И захохотала, побежала по талому снегу к дому.
— Не смей, слышишь? — рассердилась Наденька.
Но разве остановишь Ольгу?! На полу мокрые следы. Она уже у дверей кабинета.
— Откройте на минуточку, Константин Петрович!
Бочаров появился в двери всклокоченный, ощетиненный какой-то. Ольга хватает его за шею, пригибает его и яростно целует куда попало. Костя вырывается, захлопывает дверь. Ольга хохочет, выскакивает к Наденьке.
— Чего же ты сердишься? Не жадничай… А-ах, так ты и в студента влюблена!..
Наденьке не хочется ссоры.

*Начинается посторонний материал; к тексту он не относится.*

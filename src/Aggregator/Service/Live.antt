-- ===== src/Aggregator/Service/Live.antt =====
-- services/signal-aggregator/src/core/service.py: which buffered signals are alive.
use market_app.Prelude.{
  String, String_eq, ◌≡◌, ◌⊎◌, inl, inr, refl, sym, Bool, true, false, not, some, List, [], ◌∷◌,
  if◌then◌else◌, Option-cases, arith,
}
use mathlib.Core.Path.{subst}
use market_app.Prelude.Dict.{Dict, get, keep_values}
use market_app.Prelude.Int.{ℤ, ◌-ℤ◌}
use market_app.Float.{Float, lt, quot, of_int, literal}
use market_app.Aggregator.Service.{
  BufferedSignal, Service, before, insert_entry, sorted_entries, entries_of, expired, prune_symbol,
  live_entries,
}

-- An element of a list.
pub data In {A : Type 0} : A → List A → Type 0 where
  here : {x : A} {xs : List A} → In x (x ∷ xs)
  there : {x y : A} {xs : List A} → In x xs → In x (y ∷ xs)

module _ {F : Type 0} where
  In-insert_if :
      (a b : String) (x f e : BufferedSignal F) (d rest : Dict String (BufferedSignal F)) (t : Bool)
      → (In e (entries_of rest) → (x ≡ e) ⊎ In e (entries_of d))
      → In e (entries_of (if t then (a, x) ∷ (b, f) ∷ d else (b, f) ∷ rest))
      → (x ≡ e) ⊎ In e (f ∷ entries_of d)
  In-insert_if a b x f _ d rest true h here = inl refl
  In-insert_if a b x f e d rest true h (there i) = inr i
  In-insert_if a b x f _ d rest false h here = inr here
  In-insert_if a b x f e d rest false h (there i) = elim (h i) [
    | inl same ↦ inl same
    | inr among ↦ inr (there among)
  ]

  In-insert_entry :
      (a : String) (x e : BufferedSignal F) (d : Dict String (BufferedSignal F))
      → In e (entries_of (insert_entry a x d))
      → (x ≡ e) ⊎ In e (entries_of d)
  unfolding insert_entry
  In-insert_entry a x _ [] here = inl refl
  In-insert_entry a x e [] (there i) = inr i
  In-insert_entry a x e ((b, f) ∷ d) i =
      In-insert_if a b x f e d (insert_entry a x d) (before a b) (In-insert_entry a x e d) i

  -- Sorting adds nothing.
  In-sorted_entries :
      (e : BufferedSignal F) (d : Dict String (BufferedSignal F))
      → In e (entries_of (sorted_entries d))
      → In e (entries_of d)
  unfolding sorted_entries
  In-sorted_entries e [] i = i
  In-sorted_entries e ((a, x) ∷ d) i = elim (In-insert_entry a x e (sorted_entries d) i) [
    | inl same ↦ subst (λ f. In f (x ∷ entries_of d)) same here
    | inr later ↦ there (In-sorted_entries e d later)
  ]

  In-keep_if :
      (p : BufferedSignal F → Bool) (a : String) (x e : BufferedSignal F)
      (d rest : Dict String (BufferedSignal F)) (t : Bool)
      → p x ≡ t
      → (In e (entries_of rest) → In e (entries_of d) × (p e ≡ true))
      → In e (entries_of (if t then (a, x) ∷ rest else rest))
      → In e (x ∷ entries_of d) × (p e ≡ true)
  In-keep_if p a x _ d rest true k h here = (here, k)
  In-keep_if p a x e d rest true k h (there i) = let (among, keeps) = h i in (there among, keeps)
  In-keep_if p a x e d rest false k h i = let (among, keeps) = h i in (there among, keeps)

  In-keep_values :
      (p : BufferedSignal F → Bool) (e : BufferedSignal F) (d : Dict String (BufferedSignal F))
      → In e (entries_of (keep_values p d))
      → In e (entries_of d) × (p e ≡ true)
  unfolding keep_values
  In-keep_values p e [] i = elim i [ ]
  In-keep_values p e ((a, x) ∷ d) i =
      In-keep_if p a x e d (keep_values p d) (p x) refl (In-keep_values p e d) i

module _ {F : Type 0} ⦃fl : Float F⦄ where
  -- The signal is buffered for the symbol, and not more than `ttl_s` seconds old.
  abbrev pub IsLive : ℤ → String → Service F → BufferedSignal F → Type 0
  IsLive now symbol s e =
      ((by_strategy : Dict String (BufferedSignal F)) × (get symbol s.buffer ≡ some by_strategy)
        × In e (entries_of by_strategy))
      × (lt s.ttl_s (quot (of_int (now -ℤ e.at)) (literal 1_000_000 0)) ≡ false)

  In-prune_symbol :
      (symbol : String) (live : Dict String (BufferedSignal F)) (s : Service F)
      (e : BufferedSignal F)
      → In e (prune_symbol symbol live s).0
      → In e (entries_of live)
  unfolding prune_symbol
  In-prune_symbol symbol [] s e i = elim i [ ]
  In-prune_symbol symbol (entry ∷ rest) s e i = In-sorted_entries e (entry ∷ rest) i

  pruned-IsLive :
      (now : ℤ) (symbol : String) (s : Service F) (e : BufferedSignal F)
      (entry : String × BufferedSignal F) (rest : Dict String (BufferedSignal F))
      → get symbol s.buffer ≡ some (entry ∷ rest)
      → In e
          (prune_symbol symbol
            (keep_values (λ e. not (expired now s.ttl_s e.at)) (entry ∷ rest))
            s).0
      → IsLive now symbol s e
  pruned-IsLive now symbol s e entry rest known i =
      let live = keep_values (λ e. not (expired now s.ttl_s e.at)) (entry ∷ rest) in
      let (among, fresh) =
        In-keep_values (λ e. not (expired now s.ttl_s e.at)) e (entry ∷ rest)
          (In-prune_symbol symbol live s e i) in
      ((entry ∷ rest, known, among), ground (arith, fresh))

  pub In-live_entries :
      (now : ℤ) (symbol : String) (s : Service F) (e : BufferedSignal F)
      → In e (live_entries now symbol s).0
      → IsLive now symbol s e
  unfolding live_entries
  In-live_entries now symbol s e = elim (Option-cases (get symbol s.buffer)) [
    | inl missing ↦
        let nothing : live_entries now symbol s ≡ ([], s) = rw (live_entries, missing) refl in
        subst (λ r. In e r.0 → IsLive now symbol s e) (sym nothing) (λ i. elim i [ ])
    | inr ([], known) ↦
        let nothing : live_entries now symbol s ≡ ([], s) = rw (live_entries, known) refl in
        subst (λ r. In e r.0 → IsLive now symbol s e) (sym nothing) (λ i. elim i [ ])
    | inr (entry ∷ rest, known) ↦
        let pruned : live_entries now symbol s
            ≡ prune_symbol symbol (keep_values (λ e. not (expired now s.ttl_s e.at)) (entry ∷ rest))
                s =
          rw (live_entries, known) refl in
        subst (λ r. In e r.0 → IsLive now symbol s e) (sym pruned)
          (pruned-IsLive now symbol s e entry rest known)
  ]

В самом деле ей очень жалко Костю. В последнее время он совсем погрустнел, задумывается на полуслове, ерошит волосы, а иногда шепчет: «Я еще докажу им».
У него, как у Степового, есть другая жизнь. Так хочется хоть краешком глаза в нее заглянуть. Осторожно зовет его Наденька на откровенность, расспрашивая о Петербурге. Бочаров отвечает вежливо, но уклончиво.
Вчера утром Бочаров немного запоздал. Вошел боком, чуть сутулясь. И протянул Наденьке букетик подснежников, чистых-чистых, влажных еще от утренней свежести. Тонкий, едва уловимый запах таился в непрочных лепестках. Протянул и заторопился к кабинету.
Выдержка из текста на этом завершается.